ALERTE DECEMBRE 2019 : LES INCOTERMS 2020 SONT ARRIVES…

La Chambre de Commerce Internationale vient de publier son ouvrage décennal incluant les Incoterms 2020 ou plus précisément « Les règles ICC pour l’utilisation des termes commerciaux nationaux et internationaux » (ICC Publication n°723EF). Codifiés depuis 1936, ces termes commerciaux standards  (FOB, EXW,…) succèdent à la dernière version qui datait de 2010.

Au regard du Droit des usages, ce livre de belle qualité appelle quatre brèves observations :

1. L’ouvrage évite toujours soigneusement de qualifier les Incoterms d’usages du commerce international. Ce silence surprend dans la mesure où cette qualification fait toujours débat.  Dans son ouvrage de référence, Emmanuel Jolivet avait écarté cette option (Les incoterms : étude d’une norme du commerce international, Bibliothèque du droit de l’entreprise, Litec 2003, p. 374). Dans un arrêt de 2011, la CJUE l’avait retenue (CJUE 9 juin 2011, Aff. C-87/10, ElectroSteel Europe c. Edil Centro SpA). Cette qualification emporterait bien des conséquences et notamment la possibilité d’appliquer les règles issues des Incoterms même en l’absence d’une référence régulière aux règles de la CCI.  Peut-être en 2030 …. 

2.  Les Incoterms 2020 ne se prononcent pas davantage sur la difficulté du moment tenant à la question de déterminer laquelle des règles doit prévaloir de celle officielle figurant dans l’ouvrage ou de celle, différente, qui découlerait d’un usage que les parties aurait adopté de facto.

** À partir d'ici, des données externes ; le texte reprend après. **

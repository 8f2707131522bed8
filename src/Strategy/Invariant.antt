-- ===== src/Strategy/Invariant.antt =====
-- What holds of a strategy between any two calls of its methods.
use pg_tsy_core_bootstrap.Prelude.{
  ℕ, Bool, Option, none, some, ok, ◌≡◌, arith, unwrap_or, ◌+ℤ◌, ◌-ℤ◌, +ℤ_parts, -ℤ_parts,
  neg_ℤ_parts,
}
use pg_tsy_core_bootstrap.Decimal.{Decimal, IsLawful, Fits, ◌≼◌, ◌≺◌, ◌≈◌}
use pg_tsy_core_bootstrap.Float.{Float}
use pg_tsy_core_bootstrap.Types.{Signal, Uuid}
use pg_tsy_core_bootstrap.Strategy.Defs.{
  StrategyConfig, StrategyPhase, StrategyMachine, expected, net_after,
}
use pg_tsy_core_bootstrap.Strategy.Machine.{new, on_signal, submit_entry, submit_exit}
use pg_tsy_core_bootstrap.Strategy.Progress.{on_intent_fill_progress}

module _ {Q : Type 0} ⦃d : Decimal Q⦄ where
  -- What a phase says of the position, of the quantity that the intent in flight began at, and of
  -- whether there is such an intent. `order_quantity` is the size of an entry.
  abbrev pub PhaseHolds : StrategyPhase → Q → Q → Option Q → Option Uuid → Type 0
  PhaseHolds StrategyPhase.flat order_quantity net start active =
      (net ≈ d.zero) × (start ≡ none) × (active ≡ none)
  PhaseHolds StrategyPhase.long order_quantity net start active =
      (d.zero ≺ net) × (start ≡ none) × (active ≡ none)
  PhaseHolds StrategyPhase.short order_quantity net start active =
      (net ≺ d.zero) × (start ≡ none) × (active ≡ none)
  PhaseHolds StrategyPhase.entering_long order_quantity net (some start) (some id) =
      (start ≈ d.zero) × (d.zero ≼ net) × (net ≼ order_quantity)
  PhaseHolds StrategyPhase.entering_short order_quantity net (some start) (some id) =
      (start ≈ d.zero) × (net ≼ d.zero) × (d.neg order_quantity ≼ net)
  PhaseHolds StrategyPhase.exiting_long order_quantity net (some start) (some id) =
      (d.zero ≺ start) × (d.zero ≼ net) × (net ≼ start)
  PhaseHolds StrategyPhase.exiting_short order_quantity net (some start) (some id) =
      (start ≺ d.zero) × (net ≼ d.zero) × (start ≼ net)
  PhaseHolds StrategyPhase.safe_hold order_quantity net start active =
      (start ≡ none) × (active ≡ none)
  PhaseHolds StrategyPhase.halted order_quantity net start active = (start ≡ none) × (active ≡ none)
  PhaseHolds StrategyPhase.unknown order_quantity net start active = Unit
  PhaseHolds _ order_quantity net start active = ⊥

  -- The new position of an exit can be held exactly.
  abbrev pub NetFits : StrategyPhase → Q → Q → Type 0
  NetFits StrategyPhase.exiting_long start cumulative = Fits (d.units start -ℤ d.units cumulative)
  NetFits StrategyPhase.exiting_short start cumulative = Fits (d.units start +ℤ d.units cumulative)
  NetFits _ start cumulative = Unit

module _ {Q : Type 0} ⦃d : Decimal Q⦄ (lawful : IsLawful d) where
  -- A report within the expected quantity keeps the position within the intent.
  net_after-PhaseHolds :
      (phase : StrategyPhase) (order_quantity net start cumulative target : Q) (id : Uuid)
      → d.zero ≼ cumulative
      → expected phase order_quantity start ≡ some target
      → cumulative ≼ target
      → NetFits phase start cumulative
      → PhaseHolds phase order_quantity net (some start) (some id)
      → PhaseHolds phase order_quantity
          (net_after phase start cumulative net)
          (some start)
          (some id)
  net_after-PhaseHolds phase order_quantity net start cumulative target id n e h fits p = ground (
    arith,
    lawful.units_zero,
    lawful.units_abs start,
    lawful.units_neg order_quantity,
    lawful.units_neg cumulative,
    neg_ℤ_parts (d.units order_quantity),
    neg_ℤ_parts (d.units cumulative),
    lawful.units_sub start cumulative,
    lawful.units_add start cumulative,
    +ℤ_parts (d.units start) (d.units cumulative),
    -ℤ_parts (d.units start) (d.units cumulative),
  )

module _ {Q F : Type 0} ⦃d : Decimal Q⦄ where
  pub record IsValid (m : StrategyMachine Q F) : Type 0 where
    pub positive : d.zero ≺ m.config.order_quantity
    pub phase :
        PhaseHolds m.state.phase m.config.order_quantity m.state.net_quantity
          m.state.intent_start_quantity m.state.active_intent_id

  abbrev pub start_of : StrategyMachine Q F → Q
  start_of m = unwrap_or m.state.intent_start_quantity m.state.net_quantity

module _ {Q F : Type 0} ⦃d : Decimal Q⦄ ⦃f : Float F⦄ (lawful : IsLawful d) where
  pub on_signal-IsValid :
      (m : StrategyMachine Q F) (fresh : Uuid) (signal : Signal F) (now_ns : ℕ)
      → IsValid m
      → IsValid (on_signal m fresh signal now_ns).0
  unfolding on_signal submit_entry submit_exit
  on_signal-IsValid m fresh signal now_ns h = ground (
    arith,
    lawful.units_zero,
    lawful.units_neg m.config.order_quantity,
    neg_ℤ_parts (d.units m.config.order_quantity),
  )

  pub new-IsValid :
      (config : StrategyConfig Q F) (m : StrategyMachine Q F) → new config ≡ ok m → IsValid m
  unfolding new
  new-IsValid config m h = ground arith

  pub on_intent_fill_progress-IsValid :
      (m : StrategyMachine Q F) (id : Uuid) (cumulative : Q) (fully : Bool)
      → NetFits m.state.phase (start_of m) cumulative
      → IsValid m
      → IsValid (on_intent_fill_progress m id cumulative fully).0
  unfolding on_intent_fill_progress
  on_intent_fill_progress-IsValid m id cumulative fully fits h =
      let start = start_of m in
      let target = unwrap_or (expected m.state.phase m.config.order_quantity start) cumulative in
      ground (
        arith,
        net_after-PhaseHolds lawful m.state.phase m.config.order_quantity m.state.net_quantity start
            cumulative target id,
      )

Devant cette difficulté, la Cour de cassation a récemment donne priorité à la règle découlant de l’usage effectivement adopté par les parties (Cass. com. 28 mars 2018, n°16-24267 et arrêt sur renvoi: CA Paris 21 mai 2019, n°18/15764).

3. Les Incoterms 2020 font de nombreuses références aux usages dans pratiquement chacun des 11 Incoterms. 

- C’est le cas en matière d’emballages. L’article A8 relatif à l’Incoterm Ex Works (A l’usine) dispose que « Le vendeur doit, à ses propres frais, emballer les marchandises sauf s’il est d’usage dans la profession de transporter ce type de marchandises vendues sans emballage… ». 

- C’est aussi le cas s’agissant des dispositions du contrat de transport que l’une ou l’autre des parties doit conclure. L’article A4 de l’Incoterm  « CPT » (…sic) (pour Carriage Paid To)(Port payé jusqu’à) indique que le contrat de transport que devra conclure le vendeur « doit être conclu selon les termes habituels, aux frais du vendeur et doit prévoir le transport par l‘itinéraire habituel et selon les usages ».  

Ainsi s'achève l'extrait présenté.